> [Requirement]:
Copy all lines below containing "validate".

[Stored data]

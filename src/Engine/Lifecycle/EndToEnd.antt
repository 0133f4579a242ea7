-- ===== src/Engine/Lifecycle/EndToEnd.antt =====
-- From the first `init` to the end of `shutdown`.
use mathlib.Core.Path.{subst}
use tonggeret.Base.{
  ℕ, ◌+◌, ◌*◌, ◌^◌, ◌≤◌, ◌≡◌, ◌≢◌, sym, ap, ◌∙◌, true, false, none, some, List, [], length, All,
  arith,
}
use tonggeret.Text.Utf8.{Bytes}
use tonggeret.Error.{Result, ok}
use tonggeret.Types.{PipelineMsg, metric}
use tonggeret.Config.{Config, FjallConfig, validate}
use tonggeret.Channel.{Channel}
use tonggeret.Storage.Json.{Json}
use tonggeret.Storage.Partition.{Partition}
use tonggeret.Storage.Writer.Stored.{IsNamed}
use tonggeret.Engine.{Registry}
use tonggeret.Engine.Pipeline.{Accepted}
use tonggeret.Engine.Lifecycle.{Env, State}
use tonggeret.Engine.Lifecycle.Close.{shut_down}
use tonggeret.Engine.Lifecycle.Steps.{run_writer-Shrinks}
use tonggeret.Engine.Lifecycle.Deliver.{Serving}
use tonggeret.Engine.Lifecycle.Start.{init-Serving, capacity_least}
use tonggeret.Engine.Lifecycle.Readable.{IsReadable, shut_down-IsReadable}
use tonggeret.Engine.Lifecycle.Reach.{
  Reach, begun, records, writes, Serves, some_tx, fits, at_globals, records-Serving, writes-Serving,
}

module _ {F64 : Type 0} (json : Json F64) (partition : Partition) (registry : Registry F64)
    (channel : Channel (PipelineMsg F64)) (new_registry : List F64 → Result registry.Reg) where
  open channel use {Chan, view, try_send}
  open partition use {Store}
  open registry use {Reg}

  abbrev P : Type 0
  P = State json partition registry channel new_registry

  module _ (env : Env Store) (c : Config F64) (f : FjallConfig) (s0 : Store) (reg : Reg)
      (valid : validate true c ≡ ok tt) (stored : c.fjall ≡ some f)
      (opens : env.open_handles f ≡ ok s0)
      (made : new_registry c.default_histogram_buckets ≡ ok reg) (spawned : env.spawns ≡ true) where
    -- However calls of `record` that return and the steps of the writer thread interleave after a first
    -- `init` that succeeds, and with no pass of a compaction loop in between, the process serves.
    pub Reach-Serves :
        {p : P} {acc : Accepted F64}
        → Reach json partition registry channel new_registry env c p acc
        → Serves json partition registry channel new_registry s0 acc c.channel_capacity p
    Reach-Serves (begun done) =
        let (p', done', v) =
          init-Serving json partition registry channel new_registry env c f s0 reg valid stored
            opens made spawned in
        let least =
          capacity_least json partition registry channel new_registry env c f s0 reg valid stored
            opens made in
        subst
          (Serves json partition registry channel new_registry s0 ([], false) c.channel_capacity)
          (ap (λ x. x.1) (sym done' ∙ done))
          (record {
            handle = _;
            chan = channel.create c.channel_capacity;
            thread = _;
            serving = v;
            capacity_is = ap (λ x. x.capacity) (channel.view-create c.channel_capacity least);
          })
    Reach-Serves (records {p = p} {acc = acc} e h h' ch r there attached done) =
        let k = Reach-Serves r in
        let (v, same) =
          at_globals json partition registry channel new_registry s0 acc p k.handle h k.chan ch
            k.thread k.serving there attached in
        record {
          handle = h';
          chan = (try_send (metric e) ch).1;
          thread = k.thread;
          serving =
              records-Serving json partition registry channel new_registry s0 acc p e h h' ch
                k.thread v done;
          capacity_is =
              (fits json partition registry channel new_registry (metric e) ch v.most).0
              ∙ ap (λ x. (view x).capacity) (sym same)
              ∙ k.capacity_is;
        }
    Reach-Serves (writes {p = p} {acc = acc} n h ch t r there attached run) =
        let k = Reach-Serves r in
        let (v, same) =
          at_globals json partition registry channel new_registry s0 acc p k.handle h k.chan ch
            k.thread k.serving there attached in
        let same_thread : k.thread ≡ t =
          some_tx json partition registry channel new_registry v.thread run in
        let v' =
          subst (λ x. Serving json partition registry channel new_registry s0 acc h ch x p)
            same_thread v in
        record {
          handle = _;
          chan = _;
          thread = _;
          serving =
              writes-Serving json partition registry channel new_registry n s0 acc p h ch t v';
          capacity_is =
              (run_writer-Shrinks json partition registry channel t.batch_rows n v'.run
                v'.before).capacity
              ∙ ap (λ x. (view x).capacity) (sym same)
              ∙ k.capacity_is;
        }

    -- After a first `init` that succeeds, with both features and a store in which inserts succeed, and
    -- while no compaction loop is started, by `init` or later: however calls of `record` that return, of
    -- which at most 2^32 entries are accepted, with names of Unicode scalar values, and the steps of the
    -- writer thread interleave, a `shutdown` in whose first sleep the thread takes two steps or more, and
    -- then two for each place of the configured channel and one more, returns without an error, and then
    -- each accepted entry is in the store under its own key, with its payload.
    pub Reach-IsReadable :
        (inserts : (k v : Bytes) (s : Store) → partition.insert k v s ≢ none) (busy : ℕ → ℕ)
        (waits : ℕ) (p : P) (acc : Accepted F64)
        → Reach json partition registry channel new_registry env c p acc
        → p.running ≡ []
        → All IsNamed acc.0
        → length acc.0 ≤ 2 ^ 32
        → 2 ≤ busy 99
        → 2 * c.channel_capacity + 1 ≤ waits
        → (p' : P) × (shut_down json partition registry channel new_registry busy waits p
            ≡ some (ok tt, p'))
          × IsReadable json partition registry channel new_registry inserts acc.0 p'.thread
    Reach-IsReadable inserts busy waits p acc r idle named few awake enough =
        let k = Reach-Serves r in
        shut_down-IsReadable json partition registry channel new_registry inserts busy waits s0 acc
          k.handle k.chan k.thread p k.serving named few awake
          (omega (arith, k.capacity_is, enough))
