-- ===== src/Storage/Export.antt =====
-- storage/parquet_exporter.rs: one pass that moves expired samples into a cold file. The cold
-- directory is a list of file names with the rows that each file holds. What may fail outside the
-- program is given by an `Outcomes`.
pub mod Schema
pub mod Tally
pub mod Rows
pub mod Removed
pub mod Publish
pub mod Purge
pub mod Loss
pub mod Success
pub mod Stores
pub mod Stays
pub mod Items
pub mod Refines
pub mod Entries
pub mod Twice
pub mod Undecodable
use tonggeret.Base.{
  ℕ, zero, suc, ◌+◌, ◌-◌, ◌*◌, ◌%◌, ◌^◌, ◌≡◌, refl, Bool, true, false, Option, none, some, List, [],
  ◌∷◌, ◌++◌, min, ltb, leb, if◌then◌else◌, length, codes,
}
use tonggeret.Text.{Str, str_eq}
use tonggeret.Text.Utf8.{Bytes}
use tonggeret.Error.{Error, Result, ok, err, storage, io}
use tonggeret.Storage.Json.{Json}
use tonggeret.Storage.Values.{decode_value}
use tonggeret.Storage.Partition.{Partition}
use tonggeret.Storage.Keys.{decode_key, cutoff_prefix}
use tonggeret.Storage.Writer.{kept}

-- a row of the export, with the columns of `arrow_schema`
pub record Row (F64 : Type 0) : Type 0 where
  pub ts : ℕ
  pub name : Str
  pub value : F64
  pub kind : Str
  pub labels : Str

abbrev pub rows_per_batch : ℕ
rows_per_batch = 5000

abbrev pub max_i64 : ℕ
max_i64 = 2 ^ 63 - 1

-- the files of the cold directory
abbrev pub Files : Type 0 → Type 0
Files F64 = List (Str × List (Row F64))

-- How calls outside the program come out in one pass: `create_dir_all`, opening the writer, each
-- write by its number, `close` and `rename`, with the time stamp of the final name.
pub record Outcomes : Type 0 where
  pub makes_dir : Bool
  pub opens : Bool
  pub writes : ℕ → Bool
  pub closes : Bool
  pub renames : Bool
  pub final_stamp : Str

-- What a pass holds: the rows written to the temporary file, if a writer is open; the number of
-- writes; `PendingBatch`, as its rows and the keys to remove; the store; and the rows moved.
pub record Pass (F64 Store : Type 0) : Type 0 where
  pub export : Option (List (Row F64))
  pub written : ℕ
  pub rows : List (Row F64)
  pub removals : List Bytes
  pub store : Store
  pub moved : ℕ

-- `u64::try_from((now - retention).timestamp_micros()).unwrap_or(0)`, where `now - retention` is in the
-- range of chrono, which panics else; a time before 1970 gives 0
unfoldable pub cutoff_micros : ℕ → ℕ → ℕ
cutoff_micros now_micros retention_micros = now_micros - retention_micros

-- `<prefix><stamp>.parquet`
unfoldable pub final_name : Str → Str
final_name stamp = codes "metrics_cold_" ++ (stamp ++ codes ".parquet")

-- `rename` puts the file in the place of one of that name
unfoldable pub put_file : {F64 : Type 0} → Str → List (Row F64) → Files F64 → Files F64
put_file name rows [] = (name, rows) ∷ []
put_file name rows ((n, old) ∷ files) =
    if str_eq n name then (name, rows) ∷ files else (n, old) ∷ put_file name rows files

module _ {F64 : Type 0} (json : Json F64) (partition : Partition) (zero_f64 : F64)
    (outcomes : Outcomes) where
  open partition use {Store, remove}
  open outcomes use {opens, writes, closes, renames}

  -- the row of a decoded key and its payload, as `PendingBatch::push` appends it
  unfoldable pub row_of : ℕ → Str → Bytes → Row F64
  row_of ts name payload =
      let decoded = decode_value json zero_f64 payload in
      record {
        ts = min ts max_i64;
        name = name;
        value = decoded.0;
        kind = decoded.1;
        labels = decoded.2;
      }

  -- a removal that fails is logged, and the next is made
  unfoldable pub remove_all : List Bytes → Store → Store
  remove_all [] s = s
  remove_all (k ∷ ks) s = remove_all ks (kept json partition s (remove k s))

  -- a batch written through the open writer
  unfoldable pub write_rows : Option (List (Row F64)) → Pass F64 Store → Result ℕ × Pass F64 Store
  write_rows none p = (err (storage (codes "parquet writer missing")), record p { rows = [] })
  write_rows (some file) p =
      if writes p.written
      then (
        ok (length p.rows),
        record p {
          export = some (file ++ p.rows);
          written = p.written + 1;
          rows = [];
          removals = [];
          store = remove_all p.removals p.store;
        },
      )
      else (err (storage (codes "parquet write")), record p { rows = [] })

  abbrev pub no_rows : List (Row F64) → Bool
  no_rows [] = true
  no_rows (r ∷ rs) = false

  -- `PendingBatch::flush`
  unfoldable pub flush : Pass F64 Store → Result ℕ × Pass F64 Store
  flush p = if no_rows p.rows then (ok 0, record p { removals = [] }) else write_rows p.export p

  -- `moved += pending.flush(..)?`
  unfoldable pub add_moved : Result ℕ × Pass F64 Store → Result (Unit {0}) × Pass F64 Store
  add_moved (ok n, p) = (ok tt, record p { moved = (p.moved + n) % 2 ^ 64 })
  add_moved (err e, p) = (err e, p)

  -- `if export.is_none() { export = Some(open_export_writer(..)?) }`
  unfoldable pub open_with :
      Option (List (Row F64)) → Pass F64 Store → Result (Unit {0}) × Pass F64 Store
  open_with (some file) p = (ok tt, p)
  open_with none p =
      if opens
      then (ok tt, record p { export = some [] })
      else (err (storage (codes "create tmp parquet")), p)

  unfoldable pub open_export : Pass F64 Store → Result (Unit {0}) × Pass F64 Store
  unfolding open_with
  open_export p = open_with p.export p

  -- a decoded item: it is pushed, and a full batch is flushed
  unfoldable pub push : Row F64 → Bytes → Pass F64 Store → Result (Unit {0}) × Pass F64 Store
  push row key p =
      let p' = record p { rows = p.rows ++ row ∷ []; removals = p.removals ++ key ∷ [] } in
      if leb rows_per_batch (length p'.rows) then add_moved (flush p') else (ok tt, p')

  -- one step after another that did not fail
  abbrev pub then_do :
      Result (Unit {0}) × Pass F64 Store
      → (Pass F64 Store → Result (Unit {0}) × Pass F64 Store)
      → Result (Unit {0}) × Pass F64 Store
  then_do (ok u, p) f = f p
  then_do (err e, p) f = (err e, p)

  -- the body of the loop, for a key that was read and what it decodes to
  unfoldable pub export_decoded :
      Option (ℕ × Str) → Bytes → Bytes → Pass F64 Store → Result (Unit {0}) × Pass F64 Store
  export_decoded none key payload p = (ok tt, record p { removals = p.removals ++ key ∷ [] })
  export_decoded (some (ts, name)) key payload p =
      then_do (open_export p) (push (row_of ts name payload) key)

  unfoldable pub export_item : Bytes → Bytes → Pass F64 Store → Result (Unit {0}) × Pass F64 Store
  unfolding export_decoded
  export_item key payload p = export_decoded (decode_key key) key payload p

  -- `for item in handles.partition.range(..bound)`
  unfoldable pub export_loop :
      List (Option (Bytes × Bytes)) → Pass F64 Store → Result (Unit {0}) × Pass F64 Store
  export_loop [] p = (ok tt, p)
  export_loop (none ∷ items) p = (err (storage (codes "fjall scan")), p)
  export_loop (some (key, payload) ∷ items) p =
      then_do (export_item key payload p) (export_loop items)

  -- `finalize_export`: the files, if the file is closed and renamed
  unfoldable pub finalize_export : List (Row F64) → Files F64 → Result (Files F64)
  finalize_export rows files =
      if closes
      then (if renames
          then ok (put_file (final_name outcomes.final_stamp) rows files)
          else err (storage (codes "parquet rename")))
      else err (storage (codes "parquet close"))

  abbrev pub fresh : Store → Pass F64 Store
  fresh s = record { export = none; written = 0; rows = []; removals = []; store = s; moved = 0 }

  -- what a pass returns, by how `finalize_export` comes out
  unfoldable pub conclude :
      Result (Files F64) → Pass F64 Store → Files F64 → Result ℕ × Store × Files F64
  conclude (ok files') p files = (ok p.moved, p.store, files')
  conclude (err e) p files = (err e, p.store, files)

  -- `if let Some((tmp, writer)) = export`; a `persist` that fails is logged
  unfoldable pub publish_file :
      Option (List (Row F64)) → Pass F64 Store → Files F64 → Result ℕ × Store × Files F64
  unfolding conclude
  publish_file none p files = (ok p.moved, p.store, files)
  publish_file (some rows) p files = conclude (finalize_export rows files) p files

  unfoldable pub publish :
      Result (Unit {0}) × Pass F64 Store → Files F64 → Result ℕ × Store × Files F64
  unfolding publish_file
  publish (err e, p) files = (err e, p.store, files)
  publish (ok u, p) files = publish_file p.export p files

  -- the pass over the items that its scan of the range gives
  abbrev pub run_items :
      List (Option (Bytes × Bytes)) → Store → Files F64 → Result ℕ × Store × Files F64
  run_items items s files =
      if outcomes.makes_dir
      then publish (then_do (export_loop items (fresh s)) (λ p. add_moved (flush p))) files
      else (err (io (codes "create_dir_all")), s, files)

  -- the pass with its cutoff at `cutoff`, on a store that changes by its own removals only
  unfoldable pub run_to : ℕ → Store → Files F64 → Result ℕ × Store × Files F64
  run_to cutoff s files = run_items (partition.range (cutoff_prefix cutoff) s) s files

  -- `run_compaction_once_blocking`: its result, the store and the files. The retention is in
  -- microseconds, and is `none` if `chrono` cannot hold it.
  unfoldable pub run_compaction_once :
      ℕ → Option ℕ → Store → Files F64 → Result ℕ × Store × Files F64
  unfolding run_to
  run_compaction_once now_micros none s files =
      (err (storage (codes "invalid retention")), s, files)
  run_compaction_once now_micros (some retention) s files =
      run_to (cutoff_micros now_micros retention) s files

> [Answer to this exercise]:
use tonggeret.Config.{Config, FjallConfig, validate}
      (valid : validate true c ≡ ok tt) (stored : c.fjall ≡ some f)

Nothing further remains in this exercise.